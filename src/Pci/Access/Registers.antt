-- ===== src/Pci/Access/Registers.antt =====
-- What a host reads back from a register that it has written.
use praid.Common.{
  ℕ, ◌+◌, ◌-◌, ◌*◌, ◌/◌, ◌%◌, ◌^◌, ◌<◌, ◌≡◌, refl, ap, ◌∙◌, arith, ltb, if◌then◌else◌, some,
}
use praid.Common.Digits.{
  bit, bit-bit_xor, bit-complement, bit-zero, bit-join, bit-split, complement, eq_of_bits,
}
use praid.Device.Word.{IsBytes}
use praid.Pci.Space.{load_bytes, bit-load_bytes, store_bytes-outside, load_bytes-lt}
use Prim.Native.Nat.{bit_xor}
use praid.Pci.Field.{bit-set_field}
use praid.Pci.Layout.{pcihdr}
use praid.Pci.Access.Flags.{test_intx}
use praid.Pci.Access.{PciSpace, mask_of, write_flags, pciev_pci_read, pciev_pci_write}
use praid.Pci.Access.Digits.{pciev_pci_write-digit}
use praid.Pci.Access.Kept.{write-IsBytes}

bit-base_mask : (k : ℕ) → k < 32 → bit 0xFFFFC000 k ≡ (if ltb k 14 then 0 else 1)
bit-base_mask k h =
    bit-join 14 (complement 18 0) 0 k (omega arith)
    ∙ ground (arith, bit-zero k, bit-zero (k - 14), bit-complement 18 (k - 14) 0)

base_value-lt : (v old : ℕ) → v < 2 ^ 32 → v / 2 ^ 14 * 2 ^ 14 + old % 2 ^ 14 < 2 ^ 32
base_value-lt v old h = omega arith

base_value-digit :
    (v old k : ℕ)
    → bit (v / 2 ^ 14 * 2 ^ 14 + old % 2 ^ 14) k ≡ (if ltb k 14 then bit old k else bit v k)
base_value-digit v old k =
    bit-join 14 (v / 2 ^ 14) (old % 2 ^ 14) k (omega arith)
    ∙ ground (arith, bit-split 14 v k, bit-split 14 old k)

mask_base : mask_of 0x10 ≡ 0xFFFFC000
unfolding mask_of
mask_base = refl

base_digit :
    (s : PciSpace) (v : ℕ)
    → IsBytes s.virt_dev
    → (k : ℕ) → k < 32
    → bit (load_bytes 4 (pciev_pci_write s 0 0x10 4 v).virt_dev 0x10) k
      ≡ bit (v / 2 ^ 14 * 2 ^ 14 + load_bytes 4 s.virt_dev 0x10 % 2 ^ 14) k
base_digit s v bytes k lt =
    let i : ℕ = k / 8 in
    let j : ℕ = k % 8 in
    let s' = pciev_pci_write s 0 0x10 4 v in
    let place : 8 * i + j ≡ k = omega arith in
    let new =
      bit-load_bytes 4 0x10 i j s'.virt_dev (write-IsBytes s 0 0x10 4 v bytes) (omega arith)
        (omega arith) in
    let old = bit-load_bytes 4 0x10 i j s.virt_dev bytes (omega arith) (omega arith) in
    let step =
      pciev_pci_write-digit s 0 0x10 4 v i j bytes (omega arith) (omega arith) (omega arith) in
    let new' = rw place at new in
    let old' = rw place at old in
    let step' = rw (place, mask_base) at step in
    ground (
      arith,
      new',
      old',
      step',
      bit-base_mask k,
      base_value-digit v (load_bytes 4 s.virt_dev 0x10) k,
    )

-- The base address register is that of a region of 16 KiB: reading it back after a write gives the
-- number written with its low 14 digits as they were before.
pub pciev_pci_read-base_address :
    (s : PciSpace) (v : ℕ)
    → IsBytes s.virt_dev
    → v < 2 ^ 32
    → pciev_pci_read (pciev_pci_write s 0 0x10 4 v) 0 0x10 4
      ≡ some (v / 2 ^ 14 * 2 ^ 14 + load_bytes 4 s.virt_dev 0x10 % 2 ^ 14)
unfolding pciev_pci_read
pciev_pci_read-base_address s v bytes h =
    let s' = pciev_pci_write s 0 0x10 4 v in
    let bytes' = write-IsBytes s 0 0x10 4 v bytes in
    ap some (
      eq_of_bits 32 (load_bytes 4 s'.virt_dev 0x10) _ (load_bytes-lt 4 0x10 s'.virt_dev bytes')
        (base_value-lt v (load_bytes 4 s.virt_dev 0x10) h) (λ k lt. base_digit s v bytes k lt))

cleared :
    (s : PciSpace) (val new : ℕ)
    → bit val 10 ≡ 1
    → bit new 10 ≡ 0
    → bit ((write_flags s 4 val new).virt_dev 6) 3 ≡ 0
unfolding write_flags
cleared s val new was is = ground (
  arith,
  test_intx (bit_xor val new),
  test_intx new,
  bit-bit_xor 10 val new,
  bit-set_field (pcihdr 2 1) 0 s.virt_dev 6 3,
  bit-zero 0,
)

status_byte :
    (s : PciSpace) (v : ℕ)
    → (pciev_pci_write s 0 4 2 v).virt_dev 6
      ≡ (write_flags s 4 (load_bytes 2 s.virt_dev 4) v).virt_dev 6
unfolding pciev_pci_write
status_byte s v = store_bytes-outside 2 4 _ 6 _ refl

status_kept : bit (mask_of 4) (8 * 2 + 3) ≡ 0
unfolding mask_of bit
status_kept = refl

-- Where the interrupt line was disabled, a write of two bytes to the command register that enables
-- it again clears the interrupt status, but a write of four bytes writes the old status back.
pub pciev_pci_write-intx :
    (s : PciSpace) (v : ℕ)
    → IsBytes s.virt_dev
    → bit (s.virt_dev 5) 2 ≡ 1
    → bit v 10 ≡ 0
    → (bit ((pciev_pci_write s 0 4 2 v).virt_dev 6) 3 ≡ 0)
      × (bit ((pciev_pci_write s 0 4 4 v).virt_dev 6) 3 ≡ bit (s.virt_dev 6) 3)
pciev_pci_write-intx s v bytes disabled enable = (
  ap (λ (b : ℕ). bit b 3) (status_byte s v)
      ∙ cleared s (load_bytes 2 s.virt_dev 4) v
          (bit-load_bytes 2 4 1 2 s.virt_dev bytes (omega arith) (omega arith) ∙ disabled) enable,
  pciev_pci_write-digit s 0 4 4 v 2 3 bytes (omega arith) (omega arith) (omega arith)
      ∙ rw status_kept refl,
)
________
WHAT THIS TASK INVOLVES >>
Copy out each line of the data above, exactly, if it lies between the line holding "-- What a host" and the line holding "bit-join 14 (v", inclusive; copy no other line.

WORKED SOLUTION >>
-- What a host reads back from a register that it has written.
use praid.Common.{
  ℕ, ◌+◌, ◌-◌, ◌*◌, ◌/◌, ◌%◌, ◌^◌, ◌<◌, ◌≡◌, refl, ap, ◌∙◌, arith, ltb, if◌then◌else◌, some,
}
use praid.Common.Digits.{
  bit, bit-bit_xor, bit-complement, bit-zero, bit-join, bit-split, complement, eq_of_bits,
}
use praid.Device.Word.{IsBytes}
use praid.Pci.Space.{load_bytes, bit-load_bytes, store_bytes-outside, load_bytes-lt}
use Prim.Native.Nat.{bit_xor}
use praid.Pci.Field.{bit-set_field}
use praid.Pci.Layout.{pcihdr}
use praid.Pci.Access.Flags.{test_intx}
use praid.Pci.Access.{PciSpace, mask_of, write_flags, pciev_pci_read, pciev_pci_write}
use praid.Pci.Access.Digits.{pciev_pci_write-digit}
use praid.Pci.Access.Kept.{write-IsBytes}

bit-base_mask : (k : ℕ) → k < 32 → bit 0xFFFFC000 k ≡ (if ltb k 14 then 0 else 1)
bit-base_mask k h =
    bit-join 14 (complement 18 0) 0 k (omega arith)
    ∙ ground (arith, bit-zero k, bit-zero (k - 14), bit-complement 18 (k - 14) 0)

base_value-lt : (v old : ℕ) → v < 2 ^ 32 → v / 2 ^ 14 * 2 ^ 14 + old % 2 ^ 14 < 2 ^ 32
base_value-lt v old h = omega arith

base_value-digit :
    (v old k : ℕ)
    → bit (v / 2 ^ 14 * 2 ^ 14 + old % 2 ^ 14) k ≡ (if ltb k 14 then bit old k else bit v k)
base_value-digit v old k =
    bit-join 14 (v / 2 ^ 14) (old % 2 ^ 14) k (omega arith)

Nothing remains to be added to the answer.